Monday, 16 September 2019

Peel The Onion: Could Media Literacy Council be right? Satire can be fake news? Yes, but...

Why did the Media Literacy Council (MLC) say that satire was fake news?

I blame Mrs Lim Hwee Hua.

Remember her?

You should. She is the first woman to become a full minister in Singapore when she was promoted to Minister in the Prime Minister’s Office in 2009.

But she was voted out in the 2011 General Election after her People’s Action Party team lost Aljunied GRC to the Workers’ Party.

And that might have been a good thing.

Because the next year, she shared fake news on Facebook.

The article was about then US President Barack Obama complaining about partisan politics and asking a crowd at a campaign rally why he would want to serve another term as president of “this godforsaken country”.

If you didn’t read the article too closely, you could easily mistake it for a genuine US news report.

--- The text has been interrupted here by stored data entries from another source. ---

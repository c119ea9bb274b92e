-- ===== src/Broker/Policy/Laws.antt =====
-- internal/broker/policy.go: what a policy is that passes the checks.
use sroiaaa.Base.{
  ◌≤◌, true, false, not, ◌||◌, Option, none, some, List, [], ◌∷◌, ◌≡◌, inl, inr, refl, subst, arith,
  Result, ok, bind-ok, some_inj, refuse_if-ok, refuse_if, Bool-cases,
}
use sroiaaa.Base.Int.{pos, to_nat, is_neg}
use sroiaaa.Base.FilePath.{is_abs, clean}
use sroiaaa.Base.Text.{Text, lookup, member, text_eq}
use sroiaaa.Base.Text.Laws.{text_eq_iff}
use sroiaaa.Broker.Types.{
  Operation, filesystem_list, filesystem_stat, filesystem_read, filesystem_tail, OperationParams,
  Resource, no_params,
}
use sroiaaa.Broker.Policy.{
  PolicyFault, max_policy_read_bytes, max_policy_list_items, params_of, check_operation,
  validate_resource, path_not_absolute, path_not_canonical, negative_limit, each, check_aliases,
  is_unknown, unknown_resource, repeated_resource,
}

-- What each operation may be asked for: nothing is unbounded.
abbrev pub InBounds : Operation → OperationParams → Type 0
InBounds filesystem_list p =
    (1 ≤ to_nat p.max_entries)
    × (to_nat p.max_entries ≤ max_policy_list_items)
    × (p.offset ≡ pos 0)
    × (p.max_bytes ≡ pos 0)
InBounds filesystem_stat p = p ≡ no_params
InBounds filesystem_read p =
    (1 ≤ to_nat p.max_bytes)
    × (to_nat p.max_bytes ≤ max_policy_read_bytes)
    × (p.max_entries ≡ pos 0)
    × (is_neg p.offset ≡ false)
InBounds filesystem_tail p =
    (1 ≤ to_nat p.max_bytes)
    × (to_nat p.max_bytes ≤ max_policy_read_bytes)
    × (p.max_entries ≡ pos 0)
    × (p.offset ≡ pos 0)
InBounds _ p = ⊥

-- A resource that the broker can route to: an absolute canonical path, and a bounded operation.
pub record IsRoutable (resource : Resource) : Type 0 where
  pub absolute : is_abs resource.path ≡ true
  pub canonical : clean resource.path ≡ resource.path
  pub bounded : InBounds resource.operation (params_of resource.params)

check_operation_sound :
    (o : Operation) (p : OperationParams)
    → is_neg p.offset || is_neg p.max_bytes || is_neg p.max_entries ≡ false
    → check_operation o p ≡ ok tt
    → InBounds o p
unfolding check_operation
check_operation_sound filesystem_list p n h = ground arith
check_operation_sound filesystem_stat p n h = ground arith
check_operation_sound filesystem_read p n h = ground arith
check_operation_sound filesystem_tail p n h = ground arith
check_operation_sound _ p n h = cc

pub validate_resource_sound :
    (resource : Resource) → validate_resource resource ≡ ok tt → IsRoutable resource
unfolding validate_resource
validate_resource_sound resource h =
    let (_, e₁, h₁) = bind-ok (refuse_if (not (is_abs resource.path)) path_not_absolute) _ h in
    let (_, e₂, h₂) =
      bind-ok (refuse_if (not (text_eq (clean resource.path) resource.path)) path_not_canonical) _
        h₁ in
    let params = params_of resource.params in
    let (_, e₃, h₃) =
      bind-ok
        (refuse_if (is_neg params.offset || is_neg params.max_bytes || is_neg params.max_entries)
          negative_limit)
        _ h₂ in
    let same : text_eq (clean resource.path) resource.path ≡ true =
      ground (arith, refuse_if-ok _ _ e₂) in
    record {
      absolute = ground (arith, refuse_if-ok _ _ e₁);
      canonical = (text_eq_iff _ _).0 same;
      bounded = check_operation_sound resource.operation params (refuse_if-ok _ _ e₃) h₃;
    }

-- A check that passes on every entry of a map passes on one that is looked up.
pub each-lookup :
    {V : Type 0} (check : Text → V → Result PolicyFault (Unit {0})) (k : Text) (m : List (Text × V))
    {v : V}
    → each check m ≡ ok tt
    → lookup k m ≡ some v
    → check k v ≡ ok tt
unfolding each lookup
each-lookup check k [] h e = absurd (cc)
each-lookup check k ((j, w) ∷ m) {v} h e =
    let (_, here, later) = bind-ok (check j w) _ h in
    elim (Bool-cases (text_eq j k)) [
      | inl same ↦
          let value : w ≡ v = some_inj (rw (same, lookup) at e) in
          subst (λ x. check x v ≡ ok tt) ((text_eq_iff j k).0 same)
            (subst (λ y. check j y ≡ ok tt) value here)
      | inr other ↦ each-lookup check k m later (rw (other, lookup) at e)
    ]

known_resource :
    (o : Option Resource) → is_unknown o ≡ false → (resource : Resource) × (o ≡ some resource)
known_resource none h = absurd (cc)
known_resource (some resource) h = (resource, refl)

-- Every alias that passes names a resource.
pub check_aliases_sound :
    (resources : List (Text × Resource)) (seen names : List Text) (alias : Text)
    → check_aliases resources seen names ≡ ok tt
    → member alias names ≡ true
    → (resource : Resource) × (lookup alias resources ≡ some resource)
unfolding check_aliases member
check_aliases_sound resources seen [] alias h m = absurd (cc)
check_aliases_sound resources seen (name ∷ names) alias h m =
    let (_, known, h₁) =
      bind-ok (refuse_if (is_unknown (lookup name resources)) unknown_resource) _ h in
    let (_, fresh, h₂) = bind-ok (refuse_if (member name seen) repeated_resource) _ h₁ in
    elim (Bool-cases (text_eq name alias)) [
      | inl same ↦
          subst (λ n. (resource : Resource) × (lookup n resources ≡ some resource))
            ((text_eq_iff name alias).0 same)
            (known_resource (lookup name resources) (refuse_if-ok _ _ known))
      | inr other ↦ check_aliases_sound resources (name ∷ seen) names alias h₂ (rw other at m)
    ]
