-- ===== src/Broker/Sql.antt =====
-- internal/broker/sql.go: the guard of a query that a model wrote.
pub mod Laws
use sroiaaa.Base.{
  ℕ, Bool, not, ◌&&◌, ◌||◌, if◌then◌else◌, ltb, ◌==◌, Result, ◌>>=◌, ◌>>◌, refuse_if, any,
}
use sroiaaa.Base.Text.{
  Text, codes, UnicodeTables, is_control, to_lower, byte_len, is_empty, trim_space, trim_right,
  has_prefix, contains,
}

-- Which check of a query failed.
pub data QueryFault : Type 0 where
  empty_query long_query control_rune not_a_read stacked : QueryFault

abbrev pub max_query_len : ℕ
max_query_len = 8192

abbrev pub max_query_rows : ℕ
max_query_rows = 5000

-- Line breaks and tabs are the control characters that a query may hold.
unfoldable pub is_bad_rune : ℕ → Bool
is_bad_rune r = r == 0 || (is_control r && not (r == b'\n') && not (r == b'\r') && not (r == b'\t'))

-- The cutset `"; \t\n\r"` of TrimRight.
unfoldable pub is_trailer : ℕ → Bool
is_trailer r = r == b';' || r == b' ' || r == b'\t' || r == b'\n' || r == b'\r'

abbrev pub semicolon : Text
semicolon = codes ";"

unfoldable pub validate_query : UnicodeTables → Text → Result QueryFault (Unit {0})
validate_query tables query = do
  let trimmed = trim_space query
  refuse_if (is_empty trimmed) empty_query
  refuse_if (ltb max_query_len (byte_len trimmed)) long_query
  refuse_if (any is_bad_rune trimmed) control_rune
  let lowered = to_lower tables trimmed
  refuse_if (not (has_prefix lowered (codes "select")) && not (has_prefix lowered (codes "with")))
      not_a_read
  refuse_if (contains (trim_right is_trailer trimmed) semicolon) stacked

That was why Mrs Lim shared it with the comment:
“Increasingly challenging everywhere, whatever Obama’s campaign strategy might be.”

The problem was that the article was from The Onion, a Peabody Award-winning US satirical newspaper, which Mrs Lim had apparently never heard of.

The article was satire. It was also fake news.

She might have known this if she had read other Onion articles like “Study reveals: Babies are stupid” and “9/11 hijackers surprised to find selves in hell”.

I believe this must be why the MLC posted a graphic that said satire was a type of fake news, which got the council into so much trouble recently.



It was all Mrs Lim’s fault.

Wait, you may ask, doesn’t this Onion episode illustrate that satire can be fake news and that the MLC was right?

Well, yes and no.

The issue is that even though fake news may be satire, not all satire is fake news.

It could just be local DJ Chris Ho posting on Facebook:
“I’m with you foreigners! Kill the (censored) Singaporeans but not my friends, can?”
That actually happened in 2014. He called it his “little satirical remark”.

But I think the larger issue is that in Singapore, “fake news” has become a loaded term. (And not because of Donald Trump.)

We now conflate “fake news” with “Pofma”, a cute name for what many consider a scary new law, the Protection from Online Falsehoods and Manipulation Act, passed four months ago.

To many, by equating satire with fake news, the MLC appeared to be saying that satire came under Pofma and that would make people like Ho and beloved self-described “satirist” Mr Brown criminals to be prosecuted. (I’m safe because I’m merely an alleged humour columnist.)

To assuage such fears, Law and Home Affairs Minister K. Shanmugan said last Friday:
“The suggestion that satire is covered by Pofma is erroneous. We’ve been very clear, I’ve been very clear, both in Parliament and outside, Pofma does not cover satire.”

But he defended the MLC as “good people” even though this is the council’s second Facebook mishap in two years.

Last year, it was “Signs your child is a cyberbully” that got the council cyberbullied.



This year, it is fake news about satire being fake news from the organisation formed by the Government in 2012 to educate us about online hazards like cyberbullying and fake news.

The MLC has apologised for the post.

But Mrs Lim Hwee Hua didn’t for sharing fake news seven years ago.

In those carefree pre-Pofma days, after she realised the news article she shared was fake, she just wrote:
“Indeed, it is increasingly challenging everywhere – to foster a trusting relationship between government and people, and between people and people, and to differentiate between real and not-so-real news.”
She could be one of those people who thought The Noose was the news.



Her gaffe is even mentioned on the Wikipedia page about The Onion.

I guess it was fortunate she was voted out of office by then because as a former minister who shared fake news rather than a sitting minister who shared fake news, she was a little less embarrassing to the Government.

Then the Media Literacy Council came along.